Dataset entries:

########

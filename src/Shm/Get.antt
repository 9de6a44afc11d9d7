-- ===== src/Shm/Get.antt =====
-- shmgetHelper() of shm.c, and the key that it makes up for IPC_PRIVATE.
pub mod Lookup
pub mod Segment
pub mod Create
use shared_memory.Prelude.{
  ℕ, zero, suc, ◌+◌, ◌*◌, ◌%◌, bit_or, Option, none, some, ltb, leb, ◌==◌, not, if◌then◌else◌, ℤ,
  pos, minus_one, ◌==ℤ◌, rounds, Outcome, ok, fault, ◌>>=◌,
}
use shared_memory.Layout.{word, shm_max_seg}
use shared_memory.Shm.Table.{
  ShmidDs, Kernel, Rtcdate, eexist, einval, enoent, ipc_creat, ipc_excl, ipc_private, to_int,
}
use shared_memory.Shm.Alloc.{alloc_shm_seg}

-- generate_random_key(): an unsigned sum, returned as the `int` key
unfoldable pub generate_random_key : Rtcdate → ℕ → ℤ
generate_random_key r ticks =
    to_int ((r.second * 10000 + r.minute * 100 + r.hour * 10 + r.day + ticks) % word)

-- for (i = 0; i <= lastShmSegIndex; i++) up to the first slot with the key: `n` rounds from `i` on
find_loop : (ℕ → ShmidDs) → ℤ → ℕ → ℕ → Outcome (Option ℕ)
find_loop segs key zero i = ok none
find_loop segs key (suc n) i =
    let rest = find_loop segs key n (i + 1) in
    if ltb i shm_max_seg
    then (if (segs i).shm_perm.key ==ℤ key then ok (some i) else rest)
    else fault

unfoldable pub find_key : (ℕ → ShmidDs) → ℤ → ℕ → Outcome (Option ℕ)
unfolding find_loop
find_key segs key n = find_loop segs key n 0

-- if (shmflag == (IPC_CREAT | IPC_EXCL))
abbrev pub get_exclusive : Option ℕ → ℤ → ℕ → ℕ → Kernel → Outcome (ℤ × Kernel)
get_exclusive (some i) key size flag k = ok (eexist, k)
get_exclusive none key size flag k = alloc_shm_seg size key flag k

-- else if (shmflag == IPC_CREAT)
abbrev pub get_creating : Option ℕ → ℤ → ℕ → ℕ → Kernel → Outcome (ℤ × Kernel)
get_creating (some i) key size flag k =
    if leb (k.table.shm_segs i).shm_segsz size
    then ok (pos i, k)
    else if not (ltb size (k.table.shm_segs i).shm_segsz)
    then ok (einval, k)
    else alloc_shm_seg size key flag k
get_creating none key size flag k = alloc_shm_seg size key flag k

-- no flag specified
abbrev pub get_existing : Option ℕ → Kernel → Outcome (ℤ × Kernel)
get_existing (some i) k = ok (pos i, k)
get_existing none k = ok (enoent, k)

-- IPC_PRIVATE is replaced by a made-up key.
unfoldable pub effective_key : ℤ → Kernel → ℤ
effective_key key k = if key ==ℤ ipc_private then generate_random_key k.now k.ticks else key

-- shmgetHelper(key, size, shmflag)
unfoldable pub shmget_helper : ℤ → ℕ → ℕ → Kernel → Outcome (ℤ × Kernel)
shmget_helper key0 size flag k = do
  let key = effective_key key0 k
  let last = k.table.last_shm_seg_index
  found ← (if last ==ℤ minus_one then ok none else find_key k.table.shm_segs key (rounds last))
  if flag == bit_or ipc_creat ipc_excl
      then get_exclusive found key size flag k
      else if flag == ipc_creat
      then get_creating found key size flag k
      else get_existing found k
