-- ===== src/Shm/Attach.antt =====
-- shmatHelper() and allocshmuvm() of shm.c.
pub mod Loop
pub mod Whole
pub mod Region
pub mod Address
use shared_memory.Prelude.{
  ℕ, zero, suc, ◌+◌, ◌-◌, ◌*◌, ◌/◌, ◌%◌, ◌^◌, bit_and, Bool, true, false, not, ◌||◌, ◌&&◌, none,
  some, ltb, leb, ◌==◌, if◌then◌else◌, write, ℤ, pos, negsuc, ◌<ℤ◌, Outcome, ok, fault, ◌>>=◌,
}
use shared_memory.Layout.{word, page_size, kern_base, heap_limit, shm_max_seg, v2p, pg_round_down}
use shared_memory.Vm.{Perm, Space, mappages, deallocuvm}
use shared_memory.Shm.Table.{
  ShmidDs, AttachedShmseg, Rtcdate, Kernel, einval, enomem, eidrm, shm_rnd, to_int, to_uint, stamp,
  index, inc_word, acquire_table, release_table,
}
use shared_memory.Shm.Search.{search}

-- The fields that allocshmuvm() sets in a slot of the table.
unfoldable pub attached_slot : ℤ → Rtcdate → ShmidDs → ShmidDs
attached_slot pid now d = record d {
  shm_nattch = inc_word d.shm_nattch;
  shm_atime = stamp now;
  shm_ctime = stamp now;
  shm_lpid = pid;
}

-- (shmflag & 02) ? (PTE_W|PTE_U) : PTE_U
abbrev pub attach_perm : ℕ → Perm
attach_perm flag = record { write_ok = not (bit_and flag 2 == 0); user_ok = true }

abbrev pub space_of : Kernel → Space
space_of k = record { dir = k.pgdir; kmem = k.kmem }

-- process->shmsegs[si] = { 1, shmid }
abbrev pub mark_attached : ℕ → ℤ → Kernel → Kernel
mark_attached si shmid k = record k {
  shmsegs = write k.shmsegs si (record { is_attached = true; shmid = shmid });
}

-- The counters of the slot after a page has been mapped, and the new page directory.
abbrev pub count_attach : ℕ → Space → Kernel → Kernel
count_attach first s k = record k {
  pgdir = s.dir;
  kmem = s.kmem;
  table = record (k.table) {
    shm_segs = write k.table.shm_segs first (attached_slot k.pid k.now (k.table.shm_segs first));
  };
}

-- What the caller and the rounds of the loop share.
pub record Request : Type 0 where
  pub shmid : ℤ
  pub shmaddr : ℕ
  pub shmflag : ℕ

-- for (i = 0; i < reqPages; i++), with `n` rounds to go, the slot `first` of the table, the entry
-- `si` of the process and the address `va`. The result is whether all pages were mapped.
pub attach_loop : ℕ → ℕ → ℕ → ℕ → Request → Kernel → Outcome (Bool × Kernel)
attach_loop zero first si va q k = ok (true, k)
attach_loop (suc n) first si va q k =
    let mapped = (do
      let k = mark_attached si q.shmid k
      let pa = v2p (k.table.shm_segs first).pa
      (r, s) ← mappages va page_size pa (attach_perm q.shmflag) (space_of k)
      elim (r <ℤ pos 0) [
        | true ↦ do
          (_, s) ← deallocuvm va q.shmaddr s
          ok (false, record k { pgdir = s.dir; kmem = s.kmem })
        | false ↦
            attach_loop n (first + 1) (si + 1) ((va + page_size) % word) q (count_attach first s k)
      ]) in
    if ltb si shm_max_seg && ltb first shm_max_seg then mapped else fault

-- allocshmuvm(). Where a page cannot be mapped it returns with the lock of the table held.
unfoldable pub allocshmuvm : ℕ → ℕ → ℕ → Request → Kernel → Outcome (ℕ × Kernel)
allocshmuvm req_pages first si q k = do
  t ← acquire_table k.table
  (done, k) ← attach_loop req_pages first si q.shmaddr q (record k { table = t })
  if done
      then (do t ← release_table k.table; ok (q.shmaddr, record k { table = t }))
      else ok (to_uint enomem, k)

-- reqPages as a bound of loops: a segment size above 2^31 reads as a negative `int`.
abbrev pub loop_pages : ℕ → ℕ
loop_pages segsz = if ltb segsz (2 ^ 31) then segsz / page_size else 0

-- ((int)va - HEAPLIMIT) / PGSIZE
abbrev pub slot_of : ℕ → ℤ
slot_of va =
    if leb heap_limit va
    then pos ((va - heap_limit) / page_size)
    else if (heap_limit - va) / page_size == 0
    then pos 0
    else negsuc ((heap_limit - va) / page_size - 1)

-- for (i = given_si; i < reqPages; i++): whether an entry of the process is attached
pub any_attached : (ℕ → AttachedShmseg) → ℕ → ℕ → Outcome Bool
any_attached a zero i = ok false
any_attached a (suc n) i =
    let rest = any_attached a n (i + 1) in
    if ltb i shm_max_seg then (if (a i).is_attached then ok true else rest) else fault

abbrev pub occupied : (ℕ → AttachedShmseg) → ℤ → ℕ → Outcome Bool
occupied a (pos s) req_pages = any_attached a (req_pages - s) s
occupied a (negsuc s) req_pages = fault

abbrev pub refuse : ℤ → Kernel → Outcome (ℕ × Kernel)
refuse e k = ok (to_uint e, k)

-- if ((va = allocshmuvm(...)) == 0) return ENOMEM;
attach_at : ℕ → ℕ → ℤ → Request → Kernel → Outcome (ℕ × Kernel)
attach_at req_pages first (negsuc s) q k = fault
attach_at req_pages first (pos si) q k = do
  (va, k) ← allocshmuvm req_pages first si q k
  if va == 0 then refuse enomem k else ok (va, k)

-- No address is given: the lowest run of free entries of the process.
pub attach_anywhere : ℕ → ℕ → Request → Kernel → Outcome (ℕ × Kernel)
attach_anywhere segsz first q k = do
  found ← search shm_max_seg (λ i. not (k.shmsegs i).is_attached) (segsz / page_size) shm_max_seg
  elim found [
    | none ↦ refuse enomem k
    | some i ↦
        attach_at (loop_pages segsz) first (pos i)
          (record q { shmaddr = i * page_size + heap_limit }) k
  ]

-- shmaddr > KERNBASE || shmaddr < HEAPLIMIT: KERNBASE is an unsigned constant and HEAPLIMIT an int, so
-- that the second test is on ints, where an address from 2 ^ 31 on is negative.
abbrev pub is_outside : ℕ → Bool
is_outside a = ltb kern_base a || (to_int a <ℤ pos heap_limit)

-- An address is given. `va` is set only under SHM_RND, and is 0 otherwise.
pub attach_given : ℕ → ℕ → Request → Kernel → Outcome (ℕ × Kernel)
attach_given segsz first q k =
    let rounds = q.shmflag == shm_rnd in
    let va = if rounds then pg_round_down q.shmaddr else 0 in
    let tried = (do
      taken ← occupied k.shmsegs (slot_of va) (loop_pages segsz)
      if taken
          then refuse einval k
          else attach_at (loop_pages segsz) first (slot_of va) (record q { shmaddr = va }) k) in
    if is_outside q.shmaddr
    then refuse einval k
    else if not rounds && not (q.shmaddr % page_size == 0)
    then refuse einval k
    else tried

-- shmatHelper(shmid, shmaddr, shmflag). The result is the address, or an error code as an address.
unfoldable pub shmat_helper : Request → Kernel → Outcome (ℕ × Kernel)
shmat_helper q k =
    if q.shmid <ℤ pos 0 || k.table.last_shm_seg_index <ℤ q.shmid then refuse einval k else do
      first ← index q.shmid
      let segsz = (k.table.shm_segs first).shm_segsz
      if segsz == 0
          then refuse eidrm k
          else if q.shmaddr == 0
          then attach_anywhere segsz first q k
          else attach_given segsz first q k
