-- ===== src/Shm/Detach.antt =====
-- shmdtHelper() of shm.c.
pub mod Loop
pub mod Whole
use shared_memory.Prelude.{
  ℕ, zero, suc, ◌+◌, ◌-◌, ◌*◌, ◌/◌, bit_or, false, not, ◌||◌, ◌&&◌, ltb, if◌then◌else◌, write, ℤ,
  pos, minus_one, Outcome, ok, fault, ◌>>=◌,
}
use shared_memory.Layout.{page_size, kern_base, heap_limit, shm_max_seg}
use shared_memory.Vm.{clearmapping}
use shared_memory.Shm.Table.{
  ShmidDs, Rtcdate, Kernel, einval, shm_dest, stamp, index, dec_word, acquire_table, release_table,
}
use shared_memory.Shm.Attach.{is_outside, space_of, loop_pages}

-- The fields that the loop of shmdtHelper() sets in a slot of the table.
unfoldable pub detached_slot : ℤ → Rtcdate → ShmidDs → ShmidDs
detached_slot pid now d = record d {
  shm_nattch = dec_word d.shm_nattch;
  shm_dtime = stamp now;
  shm_lpid = pid;
}

-- process->shmsegs[si].isAttached = 0, and the slot of the table
abbrev pub count_detach : ℕ → ℕ → Kernel → Kernel
count_detach first si k = record k {
  shmsegs = write k.shmsegs si (record (k.shmsegs si) { is_attached = false });
  table = record (k.table) {
    shm_segs = write k.table.shm_segs first (detached_slot k.pid k.now (k.table.shm_segs first));
  };
}

-- for (i = 0; i < reqPages; i++)
pub detach_loop : ℕ → ℕ → ℕ → Kernel → Outcome Kernel
detach_loop zero first si k = ok k
detach_loop (suc n) first si k =
    let unmapped = (do
      let k = count_detach first si k
      s ← clearmapping (si * page_size + heap_limit) (space_of k)
      detach_loop n (first + 1) (si + 1) (record k { pgdir = s.dir })) in
    if ltb si shm_max_seg && ltb first shm_max_seg then unmapped else fault

-- shm_perm.mode |= SHM_DEST
abbrev pub marked_dest : ShmidDs → ShmidDs
marked_dest d = record d {
  shm_perm = record (d.shm_perm) { mode = bit_or d.shm_perm.mode shm_dest };
}

abbrev pub mark_first : ℕ → Kernel → Kernel
mark_first first k = record k {
  table = record (k.table) {
    shm_segs = write k.table.shm_segs first (marked_dest (k.table.shm_segs first));
  };
}

-- From the choice of the entry on: the segment of an attached entry is detached.
pub detach_entry : ℕ → Kernel → Outcome (ℤ × Kernel)
detach_entry si k = do
  let shmid = (k.shmsegs si).shmid
  let k = record k {
    shmsegs = write k.shmsegs si (record { is_attached = false; shmid = minus_one });
  }
  first ← index shmid
  t ← acquire_table k.table
  k ← detach_loop (loop_pages (k.table.shm_segs first).shm_segsz) first si (record k { table = t })
  let k = mark_first first k
  t ← release_table k.table
  ok (pos 0, record k { table = t })

-- shmdtHelper(shmaddr)
unfoldable pub shmdt_helper : ℕ → Kernel → Outcome (ℤ × Kernel)
shmdt_helper shmaddr k =
    let si = (shmaddr - heap_limit) / page_size in
    if is_outside shmaddr
    then ok (einval, k)
    else if not (ltb si shm_max_seg)
    then fault
    else if not (k.shmsegs si).is_attached
    then ok (einval, k)
    else detach_entry si k
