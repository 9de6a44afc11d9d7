-- ===== src/Shm/Control.antt =====
-- shmctlHelper() of shm.c.
pub mod Laws
use shared_memory.Prelude.{
  ℕ, bit_and, bit_or, not, ◌||◌, ◌==◌, if◌then◌else◌, ℤ, pos, minus_one, ◌==ℤ◌, ◌<ℤ◌, Outcome, ok,
  ◌>>=◌,
}
use shared_memory.Shm.Table.{
  ShmidDs, Kernel, einval, eidrm, shm_r, shm_dest, index, pages_of, update_segs, acquire_table,
  release_table,
}

-- What IPC_STAT copies to the buffer: every field but the physical address.
unfoldable pub copy_out : ShmidDs → ShmidDs → ShmidDs
copy_out d buf = record d { pa = buf.pa }

-- What IPC_SET copies from the buffer to each slot.
unfoldable pub copy_in : ShmidDs → ShmidDs → ShmidDs
copy_in buf d = record buf { pa = d.pa }

-- shm_perm.mode |= SHM_DEST
unfoldable pub dest_slot : ShmidDs → ShmidDs
dest_slot d = record d { shm_perm = record (d.shm_perm) { mode = bit_or d.shm_perm.mode shm_dest } }

-- The result of a call: the value, the buffer and the kernel.
abbrev pub Reply : Type 0
Reply = ℤ × ShmidDs × Kernel

abbrev pub ctl_set : ℕ → ShmidDs → Kernel → Outcome Reply
ctl_set first buf k =
    if not (bit_and (k.table.shm_segs first).shm_perm.mode shm_r == 0)
    then ok (minus_one, buf, k)
    else do
      t ← acquire_table k.table
      t ← update_segs (copy_in buf) (pages_of buf) first t
      t ← release_table t
      ok (pos 0, buf, record k { table = t })

-- IPC_RMID takes no lock.
abbrev pub ctl_rmid : ℕ → ShmidDs → Kernel → Outcome Reply
ctl_rmid first buf k = do
  t ← update_segs dest_slot (pages_of (k.table.shm_segs first)) first k.table
  ok (pos 0, buf, record k { table = t })

-- `cmd` is IPC_STAT 1, IPC_SET 2, IPC_RMID 3, IPC_INFO 4, SHM_INFO 5. The last two print, and
-- return the last index.
abbrev pub ctl_command : ℕ → ℕ → ShmidDs → Kernel → Outcome Reply
ctl_command first cmd buf k =
    if cmd == 1
    then ok (pos 0, copy_out (k.table.shm_segs first) buf, k)
    else if cmd == 2
    then ctl_set first buf k
    else if cmd == 3
    then ctl_rmid first buf k
    else if cmd == 4 || cmd == 5
    then ok (k.table.last_shm_seg_index, buf, k)
    else ok (pos 0, buf, k)

-- shmctlHelper(shmid, cmd, buf)
unfoldable pub shmctl_helper : ℤ → ℕ → ShmidDs → Kernel → Outcome Reply
shmctl_helper shmid cmd buf k =
    if shmid <ℤ pos 0 || k.table.last_shm_seg_index <ℤ shmid then ok (einval, buf, k) else do
      first ← index shmid
      if (k.table.shm_segs first).shm_perm.key ==ℤ minus_one
          then ok (eidrm, buf, k)
          else ctl_command first cmd buf k
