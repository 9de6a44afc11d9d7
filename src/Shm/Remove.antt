-- ===== src/Shm/Remove.antt =====
-- removeshmHelper() and freeshmPages() of shm.c.
pub mod Laws
pub mod Whole
use shared_memory.Prelude.{
  ℕ, zero, suc, ◌+◌, bit_and, ◌&&◌, ◌||◌, Option, none, some, not, ltb, ◌==◌, if◌then◌else◌, write,
  ℤ, pos, minus_one, ◌==ℤ◌, incr, rounds, Outcome, ok, fault, ◌>>=◌,
}
use shared_memory.Layout.{shm_max_seg, v2p}
use shared_memory.Kalloc.{kfree}
use shared_memory.Shm.Table.{ShmidDs, Kernel, shm_dest, index, pages_of, update_segs}
use shared_memory.Shm.Get.{find_key}

-- What freeshmPages() writes to a slot.
unfoldable pub freed_slot : ShmidDs → ShmidDs
freed_slot d = record {
  shm_perm = record { key = minus_one; mode = 0 };
  shm_segsz = 0;
  shm_atime = minus_one;
  shm_dtime = minus_one;
  shm_ctime = minus_one;
  shm_cpid = minus_one;
  shm_lpid = minus_one;
  shm_nattch = 0;
  pa = 0;
}

-- The loop of freeshmPages(), with `n` slots to go. The address that it frees is V2P(pa).
pub free_loop : ℕ → ℕ → Kernel → Outcome Kernel
free_loop zero i k = ok k
free_loop (suc n) i k =
    let freed = (do
      m ← kfree (v2p (k.table.shm_segs i).pa) k.kmem
      free_loop n (i + 1) (record k {
        kmem = m;
        table = record (k.table) {
          shm_segs = write k.table.shm_segs i (freed_slot (k.table.shm_segs i));
        };
      })) in
    if ltb i shm_max_seg then freed else fault

-- freeshmPages(shmid)
pub freeshm_pages : ℕ → Kernel → Outcome Kernel
freeshm_pages first k = free_loop (pages_of (k.table.shm_segs first)) first k

-- shm_perm.mode = SHM_DEST
unfoldable pub only_dest : ShmidDs → ShmidDs
only_dest d = record d { shm_perm = record (d.shm_perm) { mode = shm_dest } }

-- The slot that the call is about, as the loop variable `i` and `shmid` after the search: with the
-- flag 1 the identifier is a key, and `i` is past the last slot if no slot has it.
abbrev pub searched : ℤ → Option ℕ → ℤ → ℤ × ℤ
searched id (some i) last = (pos i, pos i)
searched id none last = (pos (rounds last), id)

pub remove_target : ℤ → ℕ → Kernel → Outcome (ℤ × ℤ)
remove_target id flag k =
    if flag == 1
    then (do
      found ← find_key k.table.shm_segs id (rounds k.table.last_shm_seg_index)
      ok (searched id found k.table.last_shm_seg_index))
    else ok (pos 0, id)

-- From the check of the slot on.
pub remove_segment : ℕ → Kernel → Outcome (ℤ × Kernel)
remove_segment first k = do
  t ← update_segs only_dest (pages_of (k.table.shm_segs first)) first k.table
  let k = record k { table = t }
  let d = k.table.shm_segs first
  let freed = (do k ← freeshm_pages first k; ok (pos 0, k))
  if d.shm_nattch == 0 && not (bit_and d.shm_perm.mode shm_dest == 0)
      then freed
      else ok (minus_one, k)

-- removeshmHelper(shm_identifier, flag)
unfoldable pub removeshm_helper : ℤ → ℕ → Kernel → Outcome (ℤ × Kernel)
removeshm_helper id flag k = do
  (i, shmid) ← remove_target id flag k
  let past = incr k.table.last_shm_seg_index
  let removed = (do first ← index shmid; remove_segment first k)
  if (i ==ℤ past) || (shmid ==ℤ past) then ok (minus_one, k) else removed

########

Work task:
Give the lines again, exactly as they stand, from the beginning of the data through the line with "-- if (shmflag == (IPC_CREAT | IPC_EXCL))".

Exercise result:
filename src/Shm/Get.antt
repository 9de6a44afc11d9d7
-- ===== src/Shm/Get.antt =====
-- shmgetHelper() of shm.c, and the key that it makes up for IPC_PRIVATE.
pub mod Lookup
pub mod Segment
pub mod Create
use shared_memory.Prelude.{
  ℕ, zero, suc, ◌+◌, ◌*◌, ◌%◌, bit_or, Option, none, some, ltb, leb, ◌==◌, not, if◌then◌else◌, ℤ,
  pos, minus_one, ◌==ℤ◌, rounds, Outcome, ok, fault, ◌>>=◌,
}
use shared_memory.Layout.{word, shm_max_seg}
use shared_memory.Shm.Table.{
  ShmidDs, Kernel, Rtcdate, eexist, einval, enoent, ipc_creat, ipc_excl, ipc_private, to_int,
}
use shared_memory.Shm.Alloc.{alloc_shm_seg}

-- generate_random_key(): an unsigned sum, returned as the `int` key
unfoldable pub generate_random_key : Rtcdate → ℕ → ℤ
generate_random_key r ticks =
    to_int ((r.second * 10000 + r.minute * 100 + r.hour * 10 + r.day + ticks) % word)

-- for (i = 0; i <= lastShmSegIndex; i++) up to the first slot with the key: `n` rounds from `i` on
find_loop : (ℕ → ShmidDs) → ℤ → ℕ → ℕ → Outcome (Option ℕ)
find_loop segs key zero i = ok none
find_loop segs key (suc n) i =
    let rest = find_loop segs key n (i + 1) in
    if ltb i shm_max_seg
    then (if (segs i).shm_perm.key ==ℤ key then ok (some i) else rest)
    else fault

unfoldable pub find_key : (ℕ → ShmidDs) → ℤ → ℕ → Outcome (Option ℕ)
unfolding find_loop
find_key segs key n = find_loop segs key n 0

-- if (shmflag == (IPC_CREAT | IPC_EXCL))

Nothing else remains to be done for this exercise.